Historically residential demand charges was thought to produce an insignificant shift of revenue among residential customers.  The reasoning was that, though residential customers are different in size, they have a similar load pattern.  A customer using 1,000 KWH a month would have ten times the demand as a customer using 100 KWH a month.  Implementing a demand charge that collected an amount equal to 20% of the energy revenue collected from the larger customer would also collect an amount equal to 20% of the energy revenue collected from the smaller customer.  There would be no revenue shift among these residential customer, at least for consumption.  However, the utility would have had to install more expensive meters, which would have increased the monthly customer charge of both customers without providing a significant benefit to the utility or to the customers.

 

The move to AMR and AMI has reduced the cost of determining the demand for residential customers.  Now the cost of determining metered demand is not an issue in differentiating between customers with different consumption patterns.  Customers who should be paying a demand charge equal to 30% of their energy payments can be distinguished from customers who should be paying a demand charge that is only 10% of their energy payments.  Further, on site generation has changed the paradigm that residential customers have similar load patterns, so that now the industry knows that there are the 30% customers versus the 10% customers and can bill them appropriately.  Indeed, for houses with sufficient on-site generation, the revenue from the demand charge could be several times the revenue from the energy charge, especially when the energy charge vanishes for a net zero home.
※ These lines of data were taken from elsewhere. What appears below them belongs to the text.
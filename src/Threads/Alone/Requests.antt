-- ===== src/Threads/Alone/Requests.antt =====
-- JOB_REQUEST alone: its program does what the branch of `process_message` does
-- (agente_c/src/resource_manager.c).
use tp_sist_op.Parsing.JobRequest.{ResourceRequest}
use tp_sist_op.Prelude.{
  ℕ, List, [], ◌∷◌, Option, ◌≡◌, refl, inl, inr, bytes_eq, Bool-cases, Option-cases,
}
use tp_sist_op.Prelude.Int.{ℤ}
use tp_sist_op.Queue.{Origin}
use tp_sist_op.Jobs.{
  Job, Result, tabla_jobs_buscar_por_id, tabla_jobs_insertar_job, tabla_jobs_verificar,
}
use tp_sist_op.Conns.{tabla_conns_lookup}
use tp_sist_op.Nodes.{tabla_nodos_get_puerto}
use tp_sist_op.Manager.{ResourceManager, reserve_resource}
use tp_sist_op.Manager.Requests.{
  built, given_up, nuevo_job, give_up, attempt, process_requests, finish_request, on_job_request,
}
use tp_sist_op.Threads.{alone}
use tp_sist_op.Manager.Building.{Result-cases}
use tp_sist_op.Threads.Alone.{alone_rules}
use tp_sist_op.Threads.Calls.{lookup_prog, send_message_prog, reserve_resource_prog}
use tp_sist_op.Threads.Building.{
  give_up_prog, get_puerto_prog, finish_prog, insert_job, with_alloc, with_outrequest,
  requests_prog, on_job_request_prog,
}

alone-give_up :
    (conn : ℕ) (id : ℤ) (j : Job) (m : ResourceManager)
    → alone (give_up_prog conn id j) m ≡ finish_request conn id (given_up (give_up conn id j m))
unfolding alone give_up_prog finish_request give_up
alone-give_up conn id j m = simp alone_rules

alone-finish :
    (conn : ℕ) (id : ℤ) (j : Job) (m : ResourceManager)
    → alone (finish_prog conn id j) m ≡ finish_request conn id (built j m)
unfolding alone finish_prog finish_request insert_job
alone-finish conn id j m =
    elim (Bool-cases (tabla_jobs_verificar (tabla_jobs_insertar_job m.tabla j) id)) [
      | inl e ↦ rw (e, alone, finish_request) (simp alone_rules)
      | inr e ↦ rw (e, alone, finish_request) refl
    ]

alone-requests :
    (conn : ℕ) (id : ℤ) (reqs : List ResourceRequest) (tries : List (Option ℕ)) (j : Job)
    (m : ResourceManager)
    → alone (requests_prog conn id reqs tries j) m
      ≡ finish_request conn id (process_requests conn id reqs tries j m)
unfolding alone requests_prog reserve_resource_prog lookup_prog get_puerto_prog send_message_prog
    process_requests with_alloc with_outrequest
alone-requests conn id [] tries j m = alone-finish conn id j m
alone-requests conn id (r ∷ reqs) tries j m = elim (Bool-cases (bytes_eq r.ip m.ip)) [
  | inl here ↦
      let (m', res) = reserve_resource r.type r.amount id conn Origin.local m in
      rw (here, alone, process_requests)
        (elim (Result-cases res) [
          | inl e ↦
              rw (e, alone, process_requests)
                (alone-requests conn id reqs tries (with_alloc conn id r m.ip Result.granted j) m')
          | inr (inl e) ↦
              rw (e, alone, process_requests)
                (alone-requests conn id reqs tries (with_alloc conn id r m.ip Result.queued j) m')
          | inr (inr e) ↦ rw (e, alone, process_requests) (alone-give_up conn id j m')
        ])
  | inr far ↦
      rw (far, alone, process_requests)
        (elim (Option-cases (tabla_conns_lookup m.conns r.ip)) [
          | inl e ↦
              rw (e, alone, process_requests)
                (elim (Option-cases (attempt (tabla_nodos_get_puerto m.nodos r.ip) tries).0) [
                  | inl failed ↦ rw (failed, alone, process_requests) (alone-give_up conn id j m)
                  | inr (c, started) ↦
                      rw (started, alone, process_requests) (alone-requests conn id reqs _ _ m)
                ])
          | inr (c, e) ↦ rw (e, alone, process_requests) (alone-requests conn id reqs tries _ _)
        ])
]

pub alone-on_job_request :
    (conn : ℕ) (id : ℤ) (reqs : List ResourceRequest) (tries : List (Option ℕ))
    (m : ResourceManager)
    → alone (on_job_request_prog conn id reqs tries) m ≡ on_job_request conn id reqs tries m
unfolding alone on_job_request_prog on_job_request
alone-on_job_request conn id reqs tries m =
    elim (Option-cases (tabla_jobs_buscar_por_id m.tabla id)) [
      | inl e ↦
          rw (e, alone, on_job_request) (alone-requests conn id reqs tries (nuevo_job conn id) m)
      | inr (j, e) ↦ rw (e, alone, on_job_request) refl
    ]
The growth in AMR and AMI along with the growth in residential on-site generation makes this an appropriate time for restructuring residential tariffs to include a demand charge to collect the cost of the distribution utility owning the power lines.  The energy charge should continue to collect the cost of generation and transmission, though the energy charge should be time differentiated to reflect the real time value of generation and transmission, as well as the associated energy losses.



[1] The creation of Independent System Operators (ISOs) is alleged to have brought competition to the generation sector of the electric industry.  However, many distributed generators, such as roof top solar, do not experience the real time market prices set by their local ISO.  This distorts the market for distributed generation.

[2] The creation of ISOs is also alleged to have brought competition to the transmission market.  But ISOs compensate many transmission lines on a cost of service basis, through a monthly fee, though they charge geographically differentiated prices based on line losses and line congestion and generally don’t compensate for loop flow or parallel path flows, such as PJM imposes on TVA and on the Southern Company, both of which have lines in parallel to PJM>

[3] Telephone customers occasionally receive a business signal, indicating that the called party is using his/her phone.  More rarely, customers will receive a circuits business signal, indicating that intermediate wires are in full use, not that the called party is using his/her phone.

[4] Demand charges come in a variety of forms including contract demand, thermal demand, and ratcheted demands, a distinction beyond the scope of this discussion.

[5] AMI is generally distinguished from AMR in that AMI generally includes the ability to communicate both ways, from the meter to the utility and from the utility to the meter/customer location.  The ability to communicate from the utility to the meter allows the utility to control devices that the customer has opted to put under the utility’s control such as electric water heaters, air conditioning compressors, and swimming pool pumps and heaters.